This post covers what the workshop includes, what Microsoft Purview Data Security Posture Management (DSPM) is, which modules are mandatory versus optional, what’s explicitly excluded, and what you get at the end. If you’re trying to decide whether this is worth paying for before you talk to anyone, this should answer that.

Five Phases Covered in the Workshop

Most competitor pages describe this in outcome language: you’ll get a roadmap, you’ll gain visibility. Fine, but not much help if you’re trying to figure out what you’re actually paying for. TrustedTech runs this across five phases.

Phase one is planning and readiness: a pre-engagement call to align on timelines, identify stakeholders, and select the module that best fits your environment. We also review your current compliance landscape before anything technical begins.

Phase two is setup and configuration. This is where the Purview work begins, configuring eDiscovery, Data Loss Prevention, Insider Risk Management, Information Protection, and audit logging, then confirming telemetry is actually flowing.

Phase three is automated discovery. Purview scans Exchange Online, SharePoint Online, OneDrive, and Teams (plus whatever optional source you picked) for sensitive data, stale data, and risky behavior patterns. This phase takes the longest. Behavioral analysis needs weeks of signal, not an afternoon of scanning.

Phase four is findings review. We present what discovery turned up, ranked by risk, along with compliance gaps and insider risk patterns. You leave with a roadmap, not just a pile of problems.

Phase five is closeout, and it’s worth pausing on this one separately below.

DSPM Is the Dashboard. The Workshop Builds It For You

Nearly every page ranking for this topic mixes up two different things: the workshop, which is an event, and Data Security Posture Management, which is a Purview capability. They’re connected, but they’re not the same, and getting this straight will make the rest of this easier to follow.

DSPM is the dashboard. The workshop is what configures it and tells you what it found. Purview DSPM is built around the data itself: where it sits, who can touch it, how it’s used, and whether it’s protected. That’s a different posture than traditional perimeter security, which assumes the threat is trying to get in. DSPM assumes the risk is already sitting inside your tenant, in a SharePoint site nobody’s opened since 2021, or a Teams thread where someone pasted a customer list into a chatbot.
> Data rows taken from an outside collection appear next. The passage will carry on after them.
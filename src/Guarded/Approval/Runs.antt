-- ===== src/Guarded/Approval/Runs.antt =====
-- What holds of the approvals table over whole runs of the workflow's operations.
use gpuopt.Base.{
  subst, ◌≢◌, ℕ, String, true, false, ◌≡◌, refl, ◌∙◌, sym, Option, some, List, [], ◌∷◌, all, arith,
  string_eq, eq_iff, Bool-cases, Option-cases, inl, inr,
}
use gpuopt.Base.Dict.{lookup, lookup-insert}
use gpuopt.Guarded.Approval.{
  Uuid, ApprovalStatus, approved, rejected, is_pending, ApprovalRecord, Approvals,
  ApprovalWorkflowRequest, effective_approvers, mark_step, settle, close_rejected, save_approval,
  create_request, approve, reject, decide,
}
use gpuopt.Guarded.Approval.Steps.{step_approved, approvers}
use gpuopt.Guarded.Approval.Invariant.{
  IsSound, approve-IsSound, reject-IsSound, create_request-IsSound,
}

-- A decision of an approver, as a client sends it.
pub data Decision : Type 0 where
  approval rejection : Uuid → String → String → ℕ → Decision

-- A call of the workflow: a new request, with its fresh UUIDs and its time, or a decision.
pub data Call : Type 0 where
  creation : Uuid → Uuid → ℕ → ApprovalWorkflowRequest → Call
  decision : Decision → Call

unfoldable pub apply_decision : Decision → Approvals → Approvals
apply_decision (approval k who why now) db = (approve k who why now db).1
apply_decision (rejection k who why now) db = (reject k who why now db).1

unfoldable pub apply_decisions : List Decision → Approvals → Approvals
unfolding apply_decision
apply_decisions [] db = db
apply_decisions (d ∷ ds) db = apply_decisions ds (apply_decision d db)

unfoldable pub run : (Uuid → Option String) → List Call → Approvals → Approvals
unfolding apply_decision
run get_cluster [] db = db
run get_cluster (creation fresh fresh_cluster now request ∷ calls) db =
    run get_cluster calls (create_request get_cluster fresh fresh_cluster now request db).1
run get_cluster (decision d ∷ calls) db = run get_cluster calls (apply_decision d db)

apply_decision-IsSound :
    (d : Decision) (db : Approvals) → IsSound db → IsSound (apply_decision d db)
unfolding apply_decision
apply_decision-IsSound (approval k who why now) db s = approve-IsSound k who why now db s
apply_decision-IsSound (rejection k who why now) db s = reject-IsSound k who why now db s

run-IsSound :
    (get_cluster : Uuid → Option String) (calls : List Call) (db : Approvals)
    → IsSound db
    → IsSound (run get_cluster calls db)
unfolding run
run-IsSound get_cluster [] db s = s
run-IsSound get_cluster (creation fresh fresh_cluster now request ∷ calls) db s =
    run-IsSound get_cluster calls (create_request get_cluster fresh fresh_cluster now request db).1
      (create_request-IsSound get_cluster fresh fresh_cluster now request db s)
run-IsSound get_cluster (decision d ∷ calls) db s =
    run-IsSound get_cluster calls (apply_decision d db) (apply_decision-IsSound d db s)

-- Whatever calls are made on an empty table, a record whose status is approved has a step for each
-- of its required approvers (or for the default approver, if none is required), in order, and
-- every step is approved.
pub approved_unanimous :
    (get_cluster : Uuid → Option String) (calls : List Call) (k : Uuid) (r : ApprovalRecord)
    → lookup k (run get_cluster calls []) ≡ some r
    → r.status ≡ approved
    → (all step_approved r.steps ≡ true)
      × (approvers r.steps ≡ effective_approvers r.required_approvers)
approved_unanimous get_cluster calls k r found st =
    let c = (run-IsSound get_cluster calls [] (λ j q e. cc) k r found).0 in
    (rw st at c.agrees, c.assigned)

lookup-save_approval_ne :
    (c r : ApprovalRecord) (k : Uuid) (db : Approvals)
    → c.id ≢ k
    → lookup k db ≡ some r
    → lookup k (save_approval c db) ≡ some r
unfolding save_approval
lookup-save_approval_ne c r k db ne found =
    grind (arith, lookup-insert c.id k (record c { cluster_name = "" }) db, eq_iff c.id k)

-- A decision on any record leaves a decided record as it is.
decide_final :
    (verdict : ApprovalStatus) (finish : ℕ → String → ApprovalRecord → ApprovalRecord) (j k : Uuid)
    (who why : String) (now : ℕ) (db : Approvals) (r : ApprovalRecord)
    → ((q : ApprovalRecord) → (finish now why q).id ≡ q.id)
    → IsSound db
    → lookup k db ≡ some r
    → is_pending r.status ≡ false
    → lookup k (decide verdict finish j who why now db).1 ≡ some r
unfolding decide
decide_final verdict finish j k who why now db r same s found st =
    elim (Option-cases (lookup j db)) [
      | inl e ↦ rw (e, decide) found
      | inr (q, e) ↦
          rw (e, decide)
            (elim (Bool-cases (is_pending q.status)) [
              | inr f ↦ rw (f, decide) found
              | inl p ↦
                  rw (p, decide)
                    (elim (Option-cases (mark_step verdict who now why q.steps)) [
                      | inl m ↦ rw (m, decide) found
                      | inr (marked, m) ↦
                          rw (m, decide)
                            (lookup-save_approval_ne (finish now why (record q { steps = marked }))
                              r k db
                              (λ h.
                                let jk : j ≡ k =
                                  sym (s j q e).1 ∙ sym (same (record q { steps = marked })) ∙ h in
                                let e' : lookup k db ≡ some q =
                                  subst (λ x. lookup x db ≡ some q) jk e in
                                cc)
                              found)
                    ])
            ])
    ]

settle_id : (now : ℕ) (why : String) (r : ApprovalRecord) → (settle now why r).id ≡ r.id
unfolding settle
settle_id now why r = ground arith

close_rejected_id :
    (now : ℕ) (why : String) (r : ApprovalRecord) → (close_rejected now why r).id ≡ r.id
unfolding close_rejected
close_rejected_id now why r = refl

apply_decision_final :
    (d : Decision) (k : Uuid) (db : Approvals) (r : ApprovalRecord)
    → IsSound db
    → lookup k db ≡ some r
    → is_pending r.status ≡ false
    → lookup k (apply_decision d db) ≡ some r
unfolding apply_decision approve reject
apply_decision_final (approval j who why now) k db r s found st =
    decide_final approved settle j k who why now db r (settle_id now why) s found st
apply_decision_final (rejection j who why now) k db r s found st =
    decide_final rejected close_rejected j k who why now db r (close_rejected_id now why) s found st

-- In a sound table, a record that is no longer pending stays exactly as it is through any further
-- approvals and rejections, of that record or of others.
pub decided_final :
    (ds : List Decision) (k : Uuid) (db : Approvals) (r : ApprovalRecord)
    → IsSound db
    → lookup k db ≡ some r
    → is_pending r.status ≡ false
    → lookup k (apply_decisions ds db) ≡ some r
unfolding apply_decisions
decided_final [] k db r s found st = found
decided_final (d ∷ ds) k db r s found st =
    decided_final ds k (apply_decision d db) r (apply_decision-IsSound d db s)
      (apply_decision_final d k db r s found st) st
DSPM and DLP aren’t the same control, either. DLP enforces policy by blocking a specific action, such as copying a sensitive file to a personal email address. DSPM doesn’t block anything on its own. It discovers, classifies, and surfaces risk, then recommends DLP, Insider Risk Management, and Information Protection policies you can turn on with one click. DSPM is the diagnostic. DLP is the prescription. If you’re tracking posture more broadly across your tenant, our Microsoft Secure Score benchmarks guide is a useful companion read, since DSPM findings often appear as Secure Score improvement actions, too.

Microsoft also recently shipped a genuinely different version of DSPM. The classic version tracked cross-cloud data and user risk through reports and trends. The current version adds coverage for third-party platforms (Salesforce, Snowflake, Databricks, Google Cloud, depending on what’s connected), reorganizes around outcome-based “objectives” instead of raw findings, and adds AI observability for Copilot and agent activity. If you looked at DSPM a year or two ago and walked away unimpressed, it’s a different product now.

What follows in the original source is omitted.